EXERCISE BRIEF: From the records below, transcribe exactly the lines that begin at the line with "completions_cons (completes c)" and end at the line with "IsOver-of_Follows (ok (pending op connection_established", both included.

SUPPLIED MATERIAL:
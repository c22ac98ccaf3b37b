-- ===== src/HttpClient/Request/Progress.antt =====
-- How a request ends: by its callback, by an exception of the socket, or in the header loop.
use boost_asio_book.Std.Decimal.{stoul}
use boost_asio_book.HttpClient.Errors.{make_error_code, invalid_response}
use boost_asio_book.Std.Stream.{Istream, extract, istream}
use boost_asio_book.Prelude.{
  List, ℕ, Bool, Bytes, Option, suc, ◌≡◌, [], true, ◌-◌, ◌≤◌, Bool-cases, arith, if_elim,
  if◌then◌else◌, not, some, ◌∷◌, equal, inl, none, codes, inr, false, refl, ltb, ◌+◌, ◌<◌, ◌∙◌,
  length,
}
use boost_asio_book.Asio.{
  Asio, Exception, ErrorCode, Result, system_error, check, ok, ◌>>=◌, threw, ◌>>◌, aborted, failed,
  diverged, Completion, ec_eq, no_error, assert,
}
use boost_asio_book.HttpClient.Request.{
  HttpRequest, Handler, host_name_resolved, connection_established, request_sent,
  status_line_received, headers_received, response_body_received, Operation, Next, pending, called,
  on_finish, unless_cancelled, call, step, run, Event, completes, cancels, cancel, execute,
  on_host_name_resolved, on_connection_established, Headers, on_request_sent,
  on_status_line_received, parse_version, read_body, read_code, on_headers_received,
  on_response_body_received, async_connect, set_buf, compose, receive,
}

abbrev pub handler_rank : Handler → ℕ
handler_rank host_name_resolved = 6
handler_rank connection_established = 5
handler_rank request_sent = 4
handler_rank status_line_received = 3
handler_rank headers_received = 2
handler_rank response_body_received = 1

abbrev FollowsNext : ℕ → Next → Type 0
FollowsNext k (pending op handler r) = (r.callback ≡ true) × (handler_rank handler ≤ k)
FollowsNext k (called r ec) = r.callback ≡ true

abbrev pub IsSystemError : Exception → Type 0
IsSystemError (system_error ec) = Unit {0}
IsSystemError _ = ⊥

-- At most `k` operations are still to end; the callback is set; and nothing has gone wrong but an
-- exception of the socket or a loop without end.
abbrev Follows : ℕ → Result Next → Type 0
Follows k (ok n) = FollowsNext k n
Follows k (threw e) = IsSystemError e
Follows k aborted = ⊥
Follows k diverged = Unit {0}

on_finish-Follows :
    (k : ℕ) (r : HttpRequest) (ec : ErrorCode) → r.callback ≡ true → Follows k (on_finish r ec)
unfolding on_finish
on_finish-Follows k r ec h = if_elim (Follows k) r.callback (ok (called r ec)) _ (λ _. h) (λ e. cc)

unless_cancelled-Follows :
    (k : ℕ) (lib : Asio) (r : HttpRequest) (op : Operation) (handler : Handler)
    → r.callback ≡ true
    → handler_rank handler ≤ k
    → Follows k (unless_cancelled lib r (pending op handler r))
unless_cancelled-Follows k lib r op handler h m =
    if_elim (Follows k) r.was_cancelled (on_finish r lib.operation_aborted) _
      (λ _. on_finish-Follows k r lib.operation_aborted h) (λ _. (h, m))

-- A handler's `if (ec.value() != 0)`, and what stands behind it.
unless_failed-Follows :
    (k : ℕ) (r : HttpRequest) (ec : ErrorCode) (next : Result Next)
    → r.callback ≡ true
    → Follows k next
    → Follows k (if failed ec then on_finish r ec else next)
unless_failed-Follows k r ec next h n =
    if_elim (Follows k) (failed ec) (on_finish r ec) next (λ _. on_finish-Follows k r ec h) (λ _. n)

check-Follows :
    (k : ℕ) (ec : ErrorCode) (next : Result Next) → Follows k next → Follows k (check ec >> next)
check-Follows k ec next n = elim (Bool-cases (failed ec)) [
  | inl e ↦ ground (arith, e)
  | inr e ↦ ground (arith, e)
]

read_code-Follows :
    (lib : Asio) (r : HttpRequest) (stream : Istream) (code : Option ℕ)
    → r.callback ≡ true
    → Follows 2 (read_code lib r stream code)
read_code-Follows lib r stream none h = on_finish-Follows 2 _ _ h
read_code-Follows lib r stream (some code) h =
    unless_cancelled-Follows 2 lib _ _ headers_received h (omega arith)

parse_version-Follows :
    (lib : Asio) (r : HttpRequest) (v : Bytes × Istream)
    → r.callback ≡ true
    → Follows 2 (parse_version lib r v)
parse_version-Follows lib r (version, stream) h =
    if_elim (Follows 2) (not (equal version (codes "HTTP/1.1")))
      (on_finish (set_buf stream.buf r) (make_error_code lib invalid_response)) _
      (λ _. on_finish-Follows 2 (set_buf stream.buf r) _ h)
      (λ _. read_code-Follows lib r _ (stoul (extract stream []).0) h)

read_body-Follows :
    (lib : Asio) (r : HttpRequest) (h : Option Headers)
    → r.callback ≡ true
    → Follows 1 (read_body lib r h)
read_body-Follows lib r none h = tt
read_body-Follows lib r (some last) h =
    unless_cancelled-Follows 1 lib _ _ response_body_received h (omega arith)

call-Follows :
    (lib : Asio) (handler : Handler) (r : HttpRequest) (c : Completion)
    → r.callback ≡ true
    → Follows (handler_rank handler - 1) (call lib handler r c)
unfolding call on_host_name_resolved on_connection_established on_request_sent
    on_status_line_received on_headers_received on_response_body_received
call-Follows lib host_name_resolved r c h =
    unless_failed-Follows 5 r c.ec _ h
      (unless_cancelled-Follows 5 lib r async_connect connection_established h (omega arith))
call-Follows lib connection_established r c h =
    unless_failed-Follows 4 r c.ec _ h
      (unless_cancelled-Follows 4 lib (compose r) _ request_sent h (omega arith))
call-Follows lib request_sent r c h = unless_failed-Follows 3 r c.ec _ h (
    check-Follows 3 c.shutdown_ec _
      (unless_cancelled-Follows 3 lib _ _ status_line_received h (omega arith)))
call-Follows lib status_line_received r c h =
    unless_failed-Follows 2 r c.ec _ h
      (parse_version-Follows lib r (extract (istream r.response.response_buf) []) h)
call-Follows lib headers_received r c h =
    unless_failed-Follows 1 r c.ec _ h (read_body-Follows lib r _ h)
call-Follows lib response_body_received r c h =
    if_elim (Follows 0) (ec_eq c.ec lib.eof) (on_finish r (no_error lib)) _
      (λ _. on_finish-Follows 0 r _ h) (λ _. on_finish-Follows 0 r c.ec h)

Follows-mono : (j k : ℕ) (n : Result Next) → j ≤ k → Follows j n → Follows k n
Follows-mono j k (ok (pending op handler r)) m (h, l) = (h, omega arith)
Follows-mono j k (ok (called r ec)) m h = h
Follows-mono j k (threw e) m h = h
Follows-mono j k aborted m h = h
Follows-mono j k diverged m h = tt

-- The events that are ends of operations.
abbrev pub completions : List Event → ℕ
completions [] = 0
completions (completes c ∷ es) = suc (completions es)
completions (cancels is_open cancel_ec ∷ es) = completions es

cancel-Follows :
    (k : ℕ) (r : HttpRequest) (is_open : Bool) (cancel_ec : ErrorCode) (next : HttpRequest → Next)
    → ((r' : HttpRequest) → r'.callback ≡ r.callback → FollowsNext k (next r'))
    → Follows k (cancel r is_open cancel_ec >>= λ r'. ok (next r'))
unfolding cancel
cancel-Follows k r true cancel_ec next h = elim (Bool-cases (failed cancel_ec)) [
  | inl e ↦ ground (arith, e)
  | inr e ↦ ground (arith, e, h (record r { was_cancelled = true }))
]
cancel-Follows k r false cancel_ec next h = h (record r { was_cancelled = true }) refl

step-Follows :
    (lib : Asio) (k : ℕ) (n : Next) (ev : Event)
    → FollowsNext k n
    → Follows (k - completions (ev ∷ [])) (step lib n ev)
unfolding step
step-Follows lib k (called r ec) (completes c) h = h
step-Follows lib k (called r ec) (cancels o e) h =
    cancel-Follows (k - completions (cancels o e ∷ [])) r o e (λ r'. called r' ec)
      (λ r' same. same ∙ h)
step-Follows lib k (pending op handler r) (completes c) (h, m) =
    Follows-mono (handler_rank handler - 1) (k - 1) (call lib handler (receive r c.received) c)
      (omega arith) (call-Follows lib handler (receive r c.received) c h)
step-Follows lib k (pending op handler r) (cancels o e) (h, m) =
    cancel-Follows (k - completions (cancels o e ∷ [])) r o e (pending op handler)
      (λ r' same. (same ∙ h, omega arith))

bind-Follows :
    (lib : Asio) (k : ℕ) (n : Result Next) (ev : Event)
    → Follows k n
    → Follows (k - completions (ev ∷ [])) (n >>= λ m. step lib m ev)
bind-Follows lib k (ok n) ev h = step-Follows lib k n ev h
bind-Follows lib k (threw e) ev h = h
bind-Follows lib k aborted ev h = elim h [ ]
bind-Follows lib k diverged ev h = tt

completions_cons :
    (ev : Event) (es : List Event) → completions (ev ∷ es) ≡ completions (ev ∷ []) + completions es
completions_cons (completes c) es = omega arith
completions_cons (cancels o e) es = omega arith

run-Follows :
    (lib : Asio) (k : ℕ) (n : Result Next) (es : List Event)
    → Follows k n
    → Follows (k - completions es) (run lib n es)
unfolding run
run-Follows lib k n [] h = Follows-mono k (k - 0) n (omega arith) h
run-Follows lib k n (ev ∷ es) h =
    Follows-mono (k - completions (ev ∷ []) - completions es) (k - completions (ev ∷ es)) _
      (omega (arith, completions_cons ev es))
      (run-Follows lib (k - completions (ev ∷ [])) (n >>= λ m. step lib m ev) es
        (bind-Follows lib k n ev h))

-- The user's callback has been called, or the I/O thread has ended by an exception of the socket, or
-- it is in the header loop for ever.
abbrev pub IsOver : Result Next → Type 0
IsOver (ok (pending op handler r)) = ⊥
IsOver (ok (called r ec)) = Unit {0}
IsOver (threw e) = IsSystemError e
IsOver aborted = ⊥
IsOver diverged = Unit {0}

IsOver-of_Follows : (n : Result Next) → Follows 0 n → IsOver n
IsOver-of_Follows (ok (pending op host_name_resolved r)) h = omega arith
IsOver-of_Follows (ok (pending op connection_established r)) h = omega arith
IsOver-of_Follows (ok (pending op request_sent r)) h = omega arith
IsOver-of_Follows (ok (pending op status_line_received r)) h = omega arith
IsOver-of_Follows (ok (pending op headers_received r)) h = omega arith
IsOver-of_Follows (ok (pending op response_body_received r)) h = omega arith
IsOver-of_Follows (ok (called r ec)) h = tt
IsOver-of_Follows (threw e) h = h
IsOver-of_Follows aborted h = h
IsOver-of_Follows diverged h = h

-- What `execute` asserts.
pub record IsComplete (r : HttpRequest) : Type 0 where
  pub has_port : 0 < r.port
  pub has_host : 0 < length r.host
  pub has_uri : 0 < length r.uri
  pub has_callback : r.callback ≡ true

assert-Follows :
    (b : Bool) (next : Result Next) → b ≡ true → Follows 6 next → Follows 6 (assert b >> next)
assert-Follows true next e h = h
assert-Follows false next e h = cc

execute-Follows : (lib : Asio) (r : HttpRequest) → IsComplete r → Follows 6 (execute lib r)
unfolding execute
execute-Follows lib r v = assert-Follows (ltb 0 r.port) _ (ground arith) (
    assert-Follows (ltb 0 (length r.host)) _ (ground arith) (
      assert-Follows (ltb 0 (length r.uri)) _ (ground arith) (
        assert-Follows r.callback _ v.has_callback
          (unless_cancelled-Follows 6 lib r _ host_name_resolved v.has_callback (omega arith)))))

-- Once a complete request is executed, six ends of operations at the latest bring it to its end,
-- whatever they end with and have received, and wherever between them the user cancels: no `assert`
-- fails, no empty callback is called, and the request does not wait for an operation any more.
pub execute-IsOver :
    (lib : Asio) (r : HttpRequest) (es : List Event)
    → IsComplete r
    → 6 ≤ completions es
    → IsOver (run lib (execute lib r) es)
execute-IsOver lib r es v m = IsOver-of_Follows _ (
    Follows-mono (6 - completions es) 0 _ (omega arith)
      (run-Follows lib 6 (execute lib r) es (execute-Follows lib r v)))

TASK SOLUTION:
completions_cons (completes c) es = omega arith
completions_cons (cancels o e) es = omega arith

run-Follows :
    (lib : Asio) (k : ℕ) (n : Result Next) (es : List Event)
    → Follows k n
    → Follows (k - completions es) (run lib n es)
unfolding run
run-Follows lib k n [] h = Follows-mono k (k - 0) n (omega arith) h
run-Follows lib k n (ev ∷ es) h =
    Follows-mono (k - completions (ev ∷ []) - completions es) (k - completions (ev ∷ es)) _
      (omega (arith, completions_cons ev es))
      (run-Follows lib (k - completions (ev ∷ [])) (n >>= λ m. step lib m ev) es
        (bind-Follows lib k n ev h))

-- The user's callback has been called, or the I/O thread has ended by an exception of the socket, or
-- it is in the header loop for ever.
abbrev pub IsOver : Result Next → Type 0
IsOver (ok (pending op handler r)) = ⊥
IsOver (ok (called r ec)) = Unit {0}
IsOver (threw e) = IsSystemError e
IsOver aborted = ⊥
IsOver diverged = Unit {0}

IsOver-of_Follows : (n : Result Next) → Follows 0 n → IsOver n
IsOver-of_Follows (ok (pending op host_name_resolved r)) h = omega arith
IsOver-of_Follows (ok (pending op connection_established r)) h = omega arith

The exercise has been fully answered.